¡Cambiemos el dial! 

A lo largo de la historia de cualquier sociedad, la libertad ha resultado tan relevante como compleja: y ello porque posee tantas aristas que pretender concretarla en un par de conceptos, más que ridículo resultaría irrisorio.

Como valor absoluto, la libertad es la facultad de cada individuo para decidir cómo actuar, cómo pensar, qué expresar, qué hacer; con las únicas limitantes impuestas por las leyes y por lo que dicta el respeto a la libertad de las otras personas. Como todo lo que concierne al género humano, tiene sus luces y sus sombras, sus polémicas y sus cuestiones que parecen eternizarse sin aterrizar en respuestas claras y definitivas. La única lección clara y definitiva es que desvalorizar y dar la espalda a la libertad son los únicos requisitos exigidos para retroceder al autoritarismo y recaer en épocas de oscurantismo que atentan contra el progreso social.

La vulgaridad y el lenguaje chabacano que se han tomado algunos medios, sin duda debe preocupar a la sociedad en general; pero, más allá de un problema es un síntoma del proceso degenerativo en que han caído muchos aspectos de la vida nacional. La grosería extrema que campea en gran parte de las redes sociales, la televisión, la radio y otros medios de comunicación masiva son la radiografía profunda de uno de tantos males que aquejan al país; pretender resolverlo con despliegues autoritarios y con censura es lo mismo que intentar apagar un fuego rociándole gasolina. Para semejante infección, si lo que se desea es una solución definitiva, no existe mejor medicina que la educación. Y no sólo la que brindan los centros escolares, también la de los hogares que resulta primordial en el desarrollo temprano.

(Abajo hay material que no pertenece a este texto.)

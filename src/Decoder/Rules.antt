-- ===== src/Decoder/Rules.antt =====
-- A postcondition for the decoder's operations: they do not panic, have enough fuel, and keep the
-- source text, on success and on error.
use roundtrip.Base.{
  ℕ, ◌≤◌, ◌≡◌, refl, ◌∙◌, Text, ◌++◌, Bool, true, false, if◌then◌else◌, length, arith,
}
use roundtrip.Decoder.{Decoder, ParseErrorKind, Result, ok, parse_error, M, and_then, fail, pure}
use roundtrip.Lexer.Lossless.{PeekOk}
use roundtrip.Lexer.{pending}
use roundtrip.Token.{Token}
use roundtrip.TokenList.Laws.{Has, elems_text}

-- the text of the tokens taken, and the text that is left
abbrev pub source_text : Decoder → Text
source_text d = elems_text d.tokens.elems ++ pending d.lexer

abbrev pub size : Decoder → ℕ
size d = length (pending d.lexer)

-- `d'` comes behind `d`.
pub record Keeps (d d' : Decoder) : Type 0 where
  pub text : source_text d' ≡ source_text d
  pub ready : PeekOk d'.lexer
  pub shrinks : size d' ≤ size d
  pub elems : (i : ℕ) → Has d.tokens.elems i → Has d'.tokens.elems i
  pub syntax : d'.syntax ≡ d.syntax

pub Keeps-refl : {d : Decoder} → PeekOk d.lexer → Keeps d d
Keeps-refl r = record {
  text = refl;
  ready = r;
  shrinks = omega arith;
  elems = λ i h. h;
  syntax = refl;
}

pub Keeps-trans : {a b c : Decoder} → Keeps a b → Keeps b c → Keeps a c
Keeps-trans p q = record {
  text = q.text ∙ p.text;
  ready = q.ready;
  shrinks = omega arith;
  elems = λ i h. q.elems i (p.elems i h);
  syntax = q.syntax ∙ p.syntax;
}

pub data Safe {A : Type 0} (d : Decoder) (Q : A → Decoder → Type 0) : Result A → Type 0 where
  returns : {a : A} {d' : Decoder} → Keeps d d' → Q a d' → Safe d Q (ok a d')
  fails :
      {e : ParseErrorKind} {t : Token} {d' : Decoder} → Keeps d d' → Safe d Q (parse_error e t d')

pub Safe-behind :
    {A : Type 0} {c d : Decoder} {Q : A → Decoder → Type 0} {r : Result A}
    → Keeps d c
    → Safe c Q r
    → Safe d Q r
Safe-behind p (returns q x) = returns (Keeps-trans p q) x
Safe-behind p (fails q) = fails (Keeps-trans p q)

pub bind :
    {A B : Type 0} {d : Decoder} {Q : A → Decoder → Type 0} {R : B → Decoder → Type 0}
    {r : Result A} {k : A → M B}
    → Safe d Q r
    → ((a : A) (d' : Decoder) → Keeps d d' → Q a d' → Safe d' R (k a d'))
    → Safe d R (and_then r k)
bind (returns p q) next = Safe-behind p (next _ _ p q)
bind (fails p) next = fails p

pub weaken :
    {A : Type 0} {d : Decoder} {Q R : A → Decoder → Type 0} {r : Result A}
    → Safe d Q r
    → ((a : A) (d' : Decoder) → Keeps d d' → Q a d' → R a d')
    → Safe d R r
weaken (returns p q) f = returns p (f _ _ p q)
weaken (fails p) f = fails p

pub pure-Safe :
    {A : Type 0} {d : Decoder} {Q : A → Decoder → Type 0} (a : A)
    → PeekOk d.lexer
    → Q a d
    → Safe d Q (pure a d)
pure-Safe a r q = returns (Keeps-refl r) q

pub fail-Safe :
    {A : Type 0} {d : Decoder} {Q : A → Decoder → Type 0} (e : ParseErrorKind) (t : Token)
    → PeekOk d.lexer
    → Safe d Q (fail {A = A} e t d)
fail-Safe e t r = fails (Keeps-refl r)

-- a test, on the state `d`
pub branch :
    {A : Type 0} {d : Decoder} {Q : A → Decoder → Type 0} (b : Bool) (x y : M A)
    → (b ≡ true → Safe d Q (x d))
    → (b ≡ false → Safe d Q (y d))
    → Safe d Q ((if b then x else y) d)
branch true x y f g = f refl
branch false x y f g = g refl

Censurar el concierto que un cantante de marras ofrecerá en el país es una opción arriesgada y peligrosa, porque hoy empezamos coartando la libertad del chabacano y mañana, cuando se le tome el gusto al autoritarismo, aplicaremos cadenas y mandaremos a las mazmorras todo aquello o aquél que no se amolde a nuestros prejuicios y que no comparta nuestra visión del mundo.

Si, indudablemente que la vulgaridad extrema resulta incómoda y es para preocuparse; pero la solución no radica en coartar libertades, la respuesta está en hacer de la educación la moneda de curso legal en nuestra sociedad.